Art, after next week life should be back to normal and "Steam'in at Steves" can get back on a regular basis. I can hardly wait to see the Challenger on the tracks too !!


----------



## highpressure (Jan 2, 2008)

"New unfired, old stock", is part of the old (Sulphur Springs Steam Models) left over stock. The add had an Ellsberry, Mo address & that is where they were located.[/b]


----------



## Steve S. (Jan 2, 2008)

Posted By highpressure on 25 Feb 2013 11:32 AM 
"New unfired, old stock", is part of the old (Sulphur Springs Steam Models) left over stock. The add had an Ellsberry, Mo address & that is where they were located.[/b] 



Hello Larry. Yes, thats the one. Is this a good thing or a bad thing ??


----------



## seadawg (Jan 2, 2008)

Posted By Steve S. on 25 Feb 2013 10:09 PM 
Posted By highpressure on 25 Feb 2013 11:32 AM 
"New unfired, old stock", is part of the old (Sulphur Springs Steam Models) left over stock. The add had an Ellsberry, Mo address & that is where they were located.[/b] 



Hello Larry. Yes, thats the one. Is this a good thing or a bad thing ?? 


New old stock (NOS) is usually not a bad thing, depending on how old. Sometimes oil or preservative may cause the cylinders to stick and some might need a little work to get going. (Had a NOS Frank S that needed to have the cylinders disassembled and cleaned.) 
I think Larry may have been alluding to the sadness associated with the closing of Sulphur Springs. 
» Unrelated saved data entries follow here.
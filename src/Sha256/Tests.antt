-- ===== src/Sha256/Tests.antt =====
-- Runs of the hasher (src/crypto/sha256.rs).
use veil_os.Sha256.Compress.{
  add32, rotate_right, be32, be_words, schedule, step, rounds, add_words, process,
}
use veil_os.Sha256.Hasher.{
  new, overwrite, fill, drain, drain_all, keep, feed, update, to_be_bytes, zeros_for, padding,
  serialize, finalize, sha256, hmac_sha256,
}
use veil_os.Sha256.Digest.{HasTaken, new-HasTaken, update-HasTaken}
use veil_os.Sha256.Fips.{digest, hmac}
use veil_os.Sha256.Standard.{finalize-digest, hmac_sha256-hmac}
use veil_os.Base.{ℕ, ◌≡◌, refl, List, [], ◌∷◌, arith}

abbrev letters : List ℕ
letters = b'a' ∷ b'b' ∷ b'c' ∷ []

letters_hashed :
    sha256 letters
    ≡ 186 ∷ 120 ∷ 22 ∷ 191 ∷ 143 ∷ 1 ∷ 207 ∷ 234 ∷ 65 ∷ 65 ∷ 64 ∷ 222 ∷ 93 ∷ 174 ∷ 34 ∷ 35 ∷ 176 ∷ 3
      ∷ 97 ∷ 163 ∷ 150 ∷ 23 ∷ 122 ∷ 156 ∷ 180 ∷ 16 ∷ 255 ∷ 97 ∷ 242 ∷ 0 ∷ 21 ∷ 173 ∷ []
unfolding sha256 finalize update new feed fill drain drain_all keep overwrite padding zeros_for
    serialize to_be_bytes process schedule be_words be32 rounds step add_words add32 rotate_right
letters_hashed = refl

update-HasTaken_example : HasTaken (update (update new (b'a' ∷ [])) (b'b' ∷ b'c' ∷ [])) letters
update-HasTaken_example =
    update-HasTaken (update new (b'a' ∷ [])) (b'a' ∷ []) (b'b' ∷ b'c' ∷ [])
      (update-HasTaken new [] (b'a' ∷ []) new-HasTaken)

finalize-digest_example :
    finalize (update (update new (b'a' ∷ [])) (b'b' ∷ b'c' ∷ [])) ≡ digest letters
finalize-digest_example =
    finalize-digest (update (update new (b'a' ∷ [])) (b'b' ∷ b'c' ∷ [])) letters
      update-HasTaken_example (omega arith)

hmac_sha256-hmac_example : hmac_sha256 (7 ∷ 8 ∷ []) letters ≡ hmac (7 ∷ 8 ∷ []) letters
hmac_sha256-hmac_example = hmac_sha256-hmac (7 ∷ 8 ∷ []) letters (omega arith) (omega arith)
Congratulations on your acquisition of the Jane, it's built the way the Mamod should have been made. It's also sad that IP Engineering got out of the live steam engine production, but they do make some good rolling stock kits that appeal to the 16mm crowd (and some that would look at home behind the Jane.)


----------



## Steve S. (Jan 2, 2008)

*Received the Jane today. It is brand spank'in new / old. Do they run fine on the alcohol burner as installed or do most switch to the gas tank and ceramic burner that is available ? Not sure if there is enough room to install butane tank in cab anyway.*


----------



## steamtom1 (Jan 2, 2008)

*They run just fine on alcohol...*


----------



## Steve S. (Jan 2, 2008)

*Thanks Tom, that's what I thought. These really are cool, well made little engines. I can see why folks grow fond of them.*


----------



## Chris B (Oct 18, 2009)

Steve - they do run well on alcohol - though you need to get the wicks just right. The tank is small though and you will find yourself refilling during a run. Take great care as it is easy to set fire to the loco - don't ask how I know! 
There are a number of gas fired conversions available here in the UK which give a longer run - but it is well worth giving the alcohol firing a good try first. 
Cheers 
Chris


----------



## lotsasteam (Jan 3, 2008)

Bought my jane in 95,its a great runner,converted her to gas(alcohol was ok till i set my lawn on fire)when i had my first ruby Accucraft had a small round gas tank installed (which was replaced later with a higher capacity square tank)i used this tank and a ruby gas jet pressed into a fitting brass tube with ca 10 small slots cut and squished the end shut (ca 1/2 inch flat bending it up to use as a mount! This burner works fine even on a windy day !my jane is a very good slow runner .


----------



## lotsasteam (Jan 3, 2008)




----------



## Steve S. (Jan 2, 2008)

*Thanks for all the info. Just fired the engine on blocks. Came right up to steam, had to adjust the safety valve. It was blowing off all the time. Was so tight at first that I had to take off blocks and give a good push or two on my track. Then off she went like a scalded dog. Realized that I had not blown the debris off track in weeks so I had to catch her real soon so she would not fly off from leaves and twigs.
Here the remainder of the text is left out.